THERE WAS a smug shot of Christiano Ronaldo on my desk yesterday (I was writing a little colour piece for the paper about the Euros being more enjoyable without England) when a passing colleague not normally given to outbursts of vitriol leant over and pointed at Diveinho and snarled: “I hope he gets his bloody legs broken… both of them!”
That may not be the spirit of touchy-feely pan-European fraternity through football that UEFA are hoping that the European Championships might promote but it seems a fair reflection of at least one dark aspect of public opinion that these set piece events can trigger. There is a lot of sublimated anger out there and with or without England, for some, it will be a theatre of hate.
Scientists have long speculated about the presence of anti-matter, a negative force equal and opposite to the more measurable building blocks of the universe. Pah! Hey, boffins, get your instruments and start work on the average football crowd. For the next three weeks there will an upsurge in tangible social and emotional forces as usually placid individuals declare themselves irrationally and passionately anti-German, anti-French, anti-Spanish and especially – because of the gravititional pull of the sulky stepover show-pony – anti-Portuguese. My colleague will not be the only one hoping to see Ronaldo snapped in half, and now, after his shameless spell of brazen flirting with Real Madrid, some of them will be Man United fans.
A survey out this week suggested the English will be supporting Portugal and Spain in the tournament which strikes me as bad science. Who did they ask? Band-wagon jumpers and playground glory hunters in the Home Counties? As the BBC adverts suggest, little Scousers will support Torres, Surrey schoolkids will back their local lad Ronaldo and Arsenal and Cheslea fans will probably thrown their weight behind France – but just as many real supporters will be cheering on the opposition to those teams as a direct and conscious act of anti-support.
It is a media and marketing myth that the entire watching audience is a single entity that lines up behind whoever the spin-machine decides is the story. Just because Ronaldo is a G14 marketing man’s wet dream doesn’t mean we can be manipulated into some flimsy support for them because it suits a corporate branding strategy. There is nothing more infuriating than to be told by an employee of Rupert Murdoch that “the whole nation is behind XXXX tonight” just because their continued participation can help them sell more dishes, more papers, more advertising space and condemn us to another round of sensational sizzling superlatives.
The media always call this wrong. Real fans with a partisan commitment to their own team do not switch allegience to another side so cheaply. Sorry but I won’t be backing Man U or Chelsea or Liverpool in the Champions League. I want them to lose. I want them to get thrashed, have three sent off and another six heavily injured. I want their plane to break down on the way home so they sit on the runway for six sleepless hours waiting in the cold and I want them to get battered in the next domestic game because of they are fatigued. I hate the Big Four and see no benefit for Boro in their winning a single game ever, even in training.

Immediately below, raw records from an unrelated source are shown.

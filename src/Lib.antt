-- ===== src/Lib.antt =====
-- A control plane that runs tasks on the machines of its tenants. A delegate registers with a token
-- of its tenant and receives a certificate and a Redis user; an execution is created for a delegate
-- and sent to its worker as a task; the worker announces it, asks for the workspace, receives it in
-- chunks over a Redis stream, runs, and sends logs, a status and its output back; a dispatcher
-- watches the streams of every execution, answers the requests and stores the output.
--
-- Files and the code that they model:
--   Base: notation, lists, texts, integers and exceptions as values.
--   Platform: what the program only calls (SHA-256, base64, int, UUID), as a parameter.
--   Streams: shared/delegate_protocol/streams.py, the names of streams and key prefixes.
--   Transfer: shared/delegate_protocol/chunked_transfer.py. Transfer.Sender is ChunkSender, whose
--     send_bytes is the list of its XADD calls; Transfer.Receiver is what one message does in
--     ChunkReceiver.receive_once, and Transfer.Loop its polling loop over the replies and clock
--     readings that it is given.
--   Archive: the archives of the same file. A directory is a tree of files and directories, whose
--     members are the names and contents that zip_directory_to_bytes writes; extract_zip_bytes puts
--     the members of an archive into a tree. The ZIP format is a parameter, with the law that what
--     it accepts is read back.
--   Workspace: zip_directory_to_bytes and zip_single_file_to_bytes of the same file on the file
--     system of the control plane, which is a parameter.
--   Models: control_plane/delegates/models.py, the rows, and Models.Tables the queries on them.
--   Dispatcher: control_plane/delegates/management/commands/stream_dispatcher.py. Requests holds
--     _handle_data_request, _handle_log and _handle_status, Output _handle_output_message, Watch
--     watch_execution, Announcements one message of the global stream, Main the loop of
--     Command.handle; Lifecycle is the abstract machine that a watcher refines. The handlers run
--     in a state and exception monad over the tables, the XADD and DEL calls and the files
--     (Dispatcher.World).
--   Acl: control_plane/delegates/redis_acl.py; the Redis server's table of users is a parameter
--     with the documented effect of ACL SETUSER, DELUSER and USERS.
--   Files: a directory of files by name, and a state and exception monad on it.
--   Ca: control_plane/delegates/ca.py; cryptography is a parameter. Ca itself holds what sign_csr
--     builds from the root CA, Ca.Issue the files of CA_DIR and the command init_ca of
--     control_plane/delegates/management/commands/init_ca.py.
--   Views: control_plane/delegates/views.py and celery_client.py, a view being a function from the
--     request and the tables to the response and the tables. Views.Registration.Race cuts a
--     registration after the query of its token, as a step relation of two requests; Views.Clients
--     is the cache of broker clients.
--   Http: control_plane/control_plane/urls.py and control_plane/delegates/urls.py, with the method
--     that a view allows and the body that it is given; the uuid converter of Django and the JSON
--     decoder are parameters.
--   Settings: control_plane/control_plane/settings.py, what it reads from the environment.
--   Worker: worker/worker_app/tasks.py and executor.py, as what the worker publishes, the table
--     of its prepared workspaces and its directories. Worker.Stub is run_stub_task,
--     Worker.Directories the calls of os, shutil and tempfile on a table of directories by path.
--   Enrolment: worker/worker_app/registration.py, over the files of CERT_DIR; the API that it calls
--     is an interface, which Enrolment.Served fills with the views.
--   Start: worker/entrypoint.py, worker/worker_app/__init__.py and celery_app.py, and
--     shared/delegate_protocol/redis_client.py, the certificate of a Redis connection.
--   System: several parts together. System.Input follows a workspace from the worker's request to
--     its extraction, System.Files from the control plane's directory to the worker's,
--     System.Created from the request for the execution on, System.Output a task's output to the
--     tables, System.Revocation a revocation through the gateway, System.Restart a restart to the
--     agent's containers, System.Start the first start of a worker, System.Access what keeps the
--     Redis users and the table of delegates together, and System.Orphan a registration that
--     crashes between the two.
--   Gateway: control_plane/delegates/management/commands/restart_gateway.py, the websocket handlers
--     cut at their awaits; Gateway.Steps is the step relation in which they interleave, and
--     Gateway.Control the HTTP endpoint.
--   Agent: agent_manager/agent_manager.py, as what the agent does in its sessions.
--   Samples: a toy platform, file system, cryptography and Redis, on which the definitions are run.
--
-- Texts are lists of code points, bytes are numbers, times are natural numbers in seconds. A loop
-- that runs until something arrives is a function of the list of what arrives, and ends in a state
-- that says so where the list does. The only fuel is that of range_from, the length of the
-- content: a positive step leaves no more items than that.
--
-- Not modelled: printed lines; the waits before a reconnection to Redis; TLS contexts; the fixed
-- options of Django and Celery, the admin site and the migrations; links, modes and times of files,
-- directories that lie in one another, and what an extraction or a copy that raises has left.
-- Writes to files and tables and XADD are taken to succeed; a request to a view is handled as one
-- step, except where two registrations are made to interleave.
pub mod Archive
pub mod Http
pub mod Settings
pub mod Base
pub mod Platform
pub mod Streams
pub mod Transfer
pub mod Workspace
pub mod Models
pub mod Files
pub mod Dispatcher
pub mod Acl
pub mod Ca
pub mod Views
pub mod Worker
pub mod Enrolment
pub mod Start
pub mod System
pub mod Gateway
pub mod Agent
pub mod Samples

And the same logic applies in international tournaments. I will not be dragooned into supporting some remote national entity just because their team includes a member of the elite marketing team of prima donna pin-ups central to an structurally distorted money making enterprise rigged against my own side and who sell fizzy drinks, razors and god knows what else over-priced tat.
Far from the gullible nation lining up behind Ronaldo, Torres and Anelka most and partisan supporters will line up against them. And do it vocally. It is healthy.

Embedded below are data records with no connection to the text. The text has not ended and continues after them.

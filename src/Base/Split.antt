-- ===== src/Base/Split.antt =====
-- Texts cut at a separator, and joined by it.
use Prim.Native.Nat.{ℕ}
use mathlib.Core.Path.{◌≡◌, refl, ap, ◌∙◌}
use mathlib.Core.Bool.{Bool, true, false}
use mathlib.Core.List.{List, [], ◌∷◌, ◌++◌}
use native.Mathlib.Omega.{arith}
use delegate_implementation.Base.Tests.{if◌then◌else◌, ◌==◌}
use delegate_implementation.Base.Lists.{any, All}
use delegate_implementation.Base.Strings.{Text}

abbrev onto_first : ℕ → List Text → List Text
onto_first c [] = (c ∷ []) ∷ []
onto_first c (p ∷ ps) = (c ∷ p) ∷ ps

-- `s.split(sep)`
unfoldable pub split_on : ℕ → Text → List Text
split_on sep [] = [] ∷ []
split_on sep (c ∷ s) =
    let rest = split_on sep s in if c == sep then [] ∷ rest else onto_first c rest

-- `sep.join(parts)`
unfoldable pub join_by : ℕ → List Text → Text
join_by sep [] = []
join_by sep (p ∷ []) = p
join_by sep (p ∷ q ∷ ps) = p ++ sep ∷ join_by sep (q ∷ ps)

-- The separator is a character of the text.
abbrev pub has : ℕ → Text → Bool
has sep = any (λ c. c == sep)

pub split_on_part : (sep : ℕ) (p : Text) → has sep p ≡ false → split_on sep p ≡ p ∷ []
unfolding split_on
split_on_part sep [] h = refl
split_on_part sep (c ∷ p) h = ground (arith, split_on_part sep p)

split_on-append :
    (sep : ℕ) (p s : Text) → has sep p ≡ false → split_on sep (p ++ sep ∷ s) ≡ p ∷ split_on sep s
unfolding split_on
split_on-append sep [] s h = ground arith
split_on-append sep (c ∷ p) s h = ground (arith, split_on-append sep p s)

pub split_on-join_by :
    (sep : ℕ) (p : Text) (ps : List Text)
    → All (λ q. has sep q ≡ false) (p ∷ ps)
    → split_on sep (join_by sep (p ∷ ps)) ≡ p ∷ ps
unfolding join_by
split_on-join_by sep p [] h = split_on_part sep p h.0
split_on-join_by sep p (q ∷ ps) h =
    split_on-append sep p (join_by sep (q ∷ ps)) h.0 ∙ ap (◌∷◌ p) (split_on-join_by sep q ps h.1)

join_by-onto_first :
    (sep c : ℕ) (ps : List Text) → join_by sep (onto_first c ps) ≡ c ∷ join_by sep ps
unfolding join_by
join_by-onto_first sep c [] = refl
join_by-onto_first sep c (p ∷ []) = refl
join_by-onto_first sep c (p ∷ q ∷ ps) = refl

join_by_empty_first :
    (sep : ℕ) (s : Text) → join_by sep ([] ∷ split_on sep s) ≡ sep ∷ join_by sep (split_on sep s)
unfolding split_on join_by
join_by_empty_first sep [] = refl
join_by_empty_first sep (c ∷ s) = filled_first (c == sep) (split_on sep s)
  where
    filled_first :
        (b : Bool) (ps : List Text)
        → join_by sep ([] ∷ (if b then [] ∷ ps else onto_first c ps))
          ≡ sep ∷ join_by sep (if b then [] ∷ ps else onto_first c ps)
    filled_first true ps = refl
    filled_first false [] = refl
    filled_first false (p ∷ ps) = refl

join_by_single : (sep : ℕ) (p : Text) → join_by sep (p ∷ []) ≡ p
unfolding join_by
join_by_single sep p = refl

pub join_by-split_on : (sep : ℕ) (s : Text) → join_by sep (split_on sep s) ≡ s
unfolding split_on
join_by-split_on sep [] = join_by_single sep []
join_by-split_on sep (c ∷ s) =
    let rest = join_by-split_on sep s in
    let first = join_by_empty_first sep s in
    let same = join_by-onto_first sep c (split_on sep s) in ground arith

Of course, there is another darker dimension that is also waiting to be manipulated. While fans proxy passion will be partly channelled based on individuals there is also an insidious under-current of barely disguised xenophobia. Let’s be honest here, the English don’t like a lot of other countries, especially when they have the audacity to overtly display their own nationality through something like football. And even less so when they do well at it.
The English view the rest of the world through a particularly limited lens of history when it comes to football. It is a case of 1966 And All That. Most English supporters, when they are not screaming against individual hate figures will be anti-supporting entire nations, principally those playing against Germany. Anti-support of Germany is practically a national duty, just as in chilly Jockoland it is a badge of civic pride to oppose England at every turn. The nightmare scenario for such Little Englanders will be a Germany-Portugal final.
Not for me though. I grew up in Germany – I first started going to watch football regularly at the mighty Arminia Bielefeld – and love the place. Germany has a brilliant football history and a lively fan culture that revolves around standing, singing and drinking plus low prices and superb stadiums designed with the spectator in mind. What’s not to like? The war? We’ve fought wars against everyone bar Portugal so if you are thinking like that you may as well get your Ronaldo replica shirt on now. The main reason the English hate the Germans is because with their arrogance they remind us of ourselves. I always back Germany in tournaments, much to the annoyance of the rest of the office. They hate it when I get my huge post-ironic “Teesside Krauts” banner out.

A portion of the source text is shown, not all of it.